## [WHAT IS EXPECTED]
Pull out every line with the word "antt" from the entries below.
--- RECORDS TO PROCESS Enclosed Below ---
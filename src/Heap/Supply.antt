-- ===== src/Heap/Supply.antt =====
-- Where `malloc` of kernel/memory.c succeeds: as long as the last block is free and large.
use alpha_os.Prelude.{
  ℕ, ◌+◌, ◌-◌, ◌^◌, ◌≤◌, ◌<◌, ◌≡◌, inl, inr, true, ◌&&◌, List, [], ◌∷◌, arith, Bool-cases,
  if◌then◌else◌, ltb, leb,
}
use alpha_os.Heap.{State, header_size, align, malloc}
use alpha_os.Heap.Blocks.{Block, allocate}
use alpha_os.Heap.Tiles.{IsHeap}
use alpha_os.Heap.Release.{NoFit}
use alpha_os.Heap.Laws.{enough, align_lem, Allocated, malloc_lem}

-- The bytes of the last block, if it is free; `behind` is for a list without blocks.
abbrev room_from : (behind : ℕ) → List Block → ℕ
room_from behind [] = behind
room_from behind (b ∷ bs) = room_from (if b.is_free then b.size else 0) bs

abbrev pub room : List Block → ℕ
room bs = room_from 0 bs

room_from_mono : (a c d : ℕ) (bs : List Block) → a ≤ c + d → room_from a bs ≤ room_from c bs + d
room_from_mono a c d [] h = h
room_from_mono a c d (b ∷ bs) h = omega arith

room_from-allocate :
    (n a : ℕ) (bs : List Block) → room_from a bs ≤ room_from a (allocate n bs) + (n + 32)
unfolding allocate
room_from-allocate n a [] = omega arith
room_from-allocate n a (b ∷ bs) = elim (Bool-cases (b.is_free && leb n b.size)) [
  | inl fits ↦
      let free : b.is_free ≡ true = ground arith in
      rw (fits, free)
        (elim (Bool-cases (ltb (n + header_size + 16) b.size)) [
          | inl large ↦
              rw large (room_from_mono b.size (b.size - n - header_size) (n + 32) bs (omega arith))
          | inr small ↦ rw small (room_from_mono b.size 0 (n + 32) bs (ground arith))
        ])
  | inr other ↦ rw other (room_from-allocate n (if b.is_free then b.size else 0) bs)
]

NoFit-room : (n a : ℕ) (bs : List Block) → a < n → NoFit n bs → room_from a bs < n
NoFit-room n a [] h nothing = h
NoFit-room n a (b ∷ bs) h (small, nothing) =
    NoFit-room n (if b.is_free then b.size else 0) bs (ground arith) nothing

module _ {s : State} {bs : List Block} (is : IsHeap s bs) where
  -- Where the last block is free and has room for the size rounded up, `malloc` succeeds, and that room
  -- is smaller afterwards by no more than the size and 40 bytes.
  pub malloc-room :
      (fuel size : ℕ)
      → enough < fuel
      → 0 < size
      → size < 2 ^ 31
      → size + 8 ≤ room bs
      → Allocated is (align size) (malloc fuel size s)
        × (room bs ≤ room (allocate (align size) bs) + (size + 40))
  malloc-room fuel size lt pos small fits =
      let (above, below, aligned) = align_lem size (omega arith) in
      let kept : room bs ≤ room (allocate (align size) bs) + (size + 40) =
        omega (arith, room_from-allocate (align size) 0 bs) in
      elim (malloc_lem is fuel size lt pos (omega arith)) [
        | inl (nothing, e) ↦
            absurd (omega (arith, NoFit-room (align size) 0 bs (omega arith) nothing))
        | inr got ↦ (got, kept)
      ]
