-- ===== src/Heap/Tests.antt =====
-- Runs of the allocator of kernel/memory.c on two heaps: a fresh one, and one with a block in use.
use alpha_os.Prelude.{
  ℕ, ◌+◌, ◌-◌, ◌*◌, ◌≤◌, ◌<◌, ◌≡◌, refl, ◌⊎◌, true, false, some, List, [], ◌∷◌, arith,
}
use alpha_os.Bytes.{Ptr, null}
use alpha_os.Heap.{
  State, Header, put, heap_size, header_size, align, memory_init, malloc, free, realloc, calloc,
  memory_check_integrity,
}
use alpha_os.Heap.Blocks.{Block, block, first_fit, allocate, release, coalesce, used, At}
use alpha_os.Heap.Tiles.{IsHeap, header_of, Tiles}
use alpha_os.Heap.Release.{NoFit}
use alpha_os.Heap.Laws.{
  memory_init-IsHeap, memory_check_integrity_lem, Allocated, malloc_lem, free_lem,
}
use alpha_os.Heap.Realloc.{free-malloc_restores, Moved, realloc_grows, realloc_fits, calloc_lem}
use alpha_os.Heap.Misuse.{malloc_wraps, free_twice}

-- A walk may take this many steps.
abbrev fuel_used : ℕ
fuel_used = 65537

abbrev no_header : Header
no_header = record { magic = 0; size = 0; is_free = 0; next = 0 }

abbrev before_start : State
before_start = record {
  heap = 4096;
  headers = λ a. no_header;
  bytes = λ a. 0;
  heap_start = 0;
  total_memory = heap_size;
  free_memory = 0;
}

-- 64 bytes in use, and the rest free.
abbrev two_blocks : List Block
two_blocks = block 64 false ∷ block 1048480 true ∷ []

abbrev running : State
running = record {
  heap = 4096;
  headers =
      put (put (λ a. no_header) 4096 (header_of (block 64 false) 4176)) 4176
        (header_of (block 1048480 true) 0);
  bytes = λ a. 7;
  heap_start = 4096;
  total_memory = heap_size;
  free_memory = 1048496;
}

running-IsHeap : IsHeap running two_blocks
unfolding put used
running-IsHeap = record {
  start = refl;
  ne_null = omega arith;
  in_range = omega arith;
  tiles = (refl, (refl, refl));
  aligned = (refl, (refl, tt));
  total = refl;
  accounted = refl;
}

memory_init-IsHeap_example :
    IsHeap (memory_init before_start) (block (heap_size - header_size) true ∷ [])
memory_init-IsHeap_example = memory_init-IsHeap before_start (omega arith) (omega arith) refl

memory_check_integrity_example : memory_check_integrity fuel_used running ≡ some true
memory_check_integrity_example = memory_check_integrity_lem running-IsHeap fuel_used (omega arith)

malloc_example :
    (NoFit (align 100) two_blocks × (malloc fuel_used 100 running ≡ some (null, running)))
    ⊎ Allocated running-IsHeap (align 100) (malloc fuel_used 100 running)
malloc_example = malloc_lem running-IsHeap fuel_used 100 (omega arith) (omega arith) (omega arith)

free_example :
    (s' : State) × (free fuel_used (4096 + header_size) running ≡ some s')
    × IsHeap s' (coalesce (release 4096 4096 two_blocks))
    × (s'.bytes ≡ running.bytes)
free_example = free_lem running-IsHeap fuel_used 4096 64 (omega arith) refl

free-malloc_example :
    (ptr : Ptr) × (s1 : State) × (s2 : State) × (malloc fuel_used 100 running ≡ some (ptr, s1))
    × (free fuel_used ptr s1 ≡ some s2)
    × IsHeap s2 two_blocks
    × (s2.free_memory ≡ running.free_memory)
unfolding first_fit align
free-malloc_example =
    free-malloc_restores running-IsHeap fuel_used 100 (omega arith) (omega arith) (omega arith)
      (λ e. omega arith) (refl, tt)

realloc_grows_example :
    (NoFit (align 200) two_blocks
      × (realloc fuel_used (4096 + header_size) 200 running ≡ some (null, running)))
    ⊎ Moved running-IsHeap 4096 64 (align 200) (realloc fuel_used (4096 + header_size) 200 running)
realloc_grows_example =
    realloc_grows running-IsHeap fuel_used 4096 64 200 (omega arith) refl (omega arith)
      (omega arith)

realloc_fits_example :
    realloc fuel_used (4096 + header_size) 40 running ≡ some (4096 + header_size, running)
realloc_fits_example =
    realloc_fits running-IsHeap fuel_used 4096 64 40 refl (omega arith) (omega arith)

calloc_example :
    (NoFit (align (5 * 8)) two_blocks × (calloc fuel_used 5 8 running ≡ some (null, running)))
    ⊎ ((q : Ptr) × (c : ℕ) × (s' : State) × (calloc fuel_used 5 8 running
          ≡ some (q + header_size, s'))
        × IsHeap s' (allocate (align (5 * 8)) two_blocks)
        × At q (block c false) 4096 (allocate (align (5 * 8)) two_blocks)
        × (5 * 8 ≤ c)
        × ((i : ℕ) → i < 5 * 8 → s'.bytes (q + header_size + i) ≡ 0))
calloc_example = calloc_lem running-IsHeap fuel_used 5 8 (omega arith) (omega arith) (omega arith)

malloc_wraps_example :
    (t : Ptr) × (c : ℕ) × (s' : State) × (malloc fuel_used 4294967295 running
      ≡ some (t + header_size, s'))
    × At t (block c false) s'.heap (allocate 0 two_blocks)
    × (c < 4294967295)
unfolding first_fit
malloc_wraps_example =
    malloc_wraps running two_blocks fuel_used 4294967295 running-IsHeap (omega arith) (omega arith)
      (omega arith) (λ e. omega arith)

free_twice_example :
    (s' : State) × (free fuel_used (4176 + header_size) running ≡ some s')
    × (s'.free_memory ≡ running.free_memory + 1048480)
    × Tiles s'.headers (running.heap + heap_size) running.heap (coalesce two_blocks)
    × ¬ IsHeap s' (coalesce two_blocks)
free_twice_example =
    free_twice running two_blocks fuel_used 4176 1048480 running-IsHeap (omega arith) (omega arith)
      refl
--- End of Enclosed RECORDS TO PROCESS ---
## [SOLUTION TO THE PROBLEM]
filename src/Heap/Supply.antt
-- ===== src/Heap/Supply.antt =====
-- ===== src/Heap/Tests.antt =====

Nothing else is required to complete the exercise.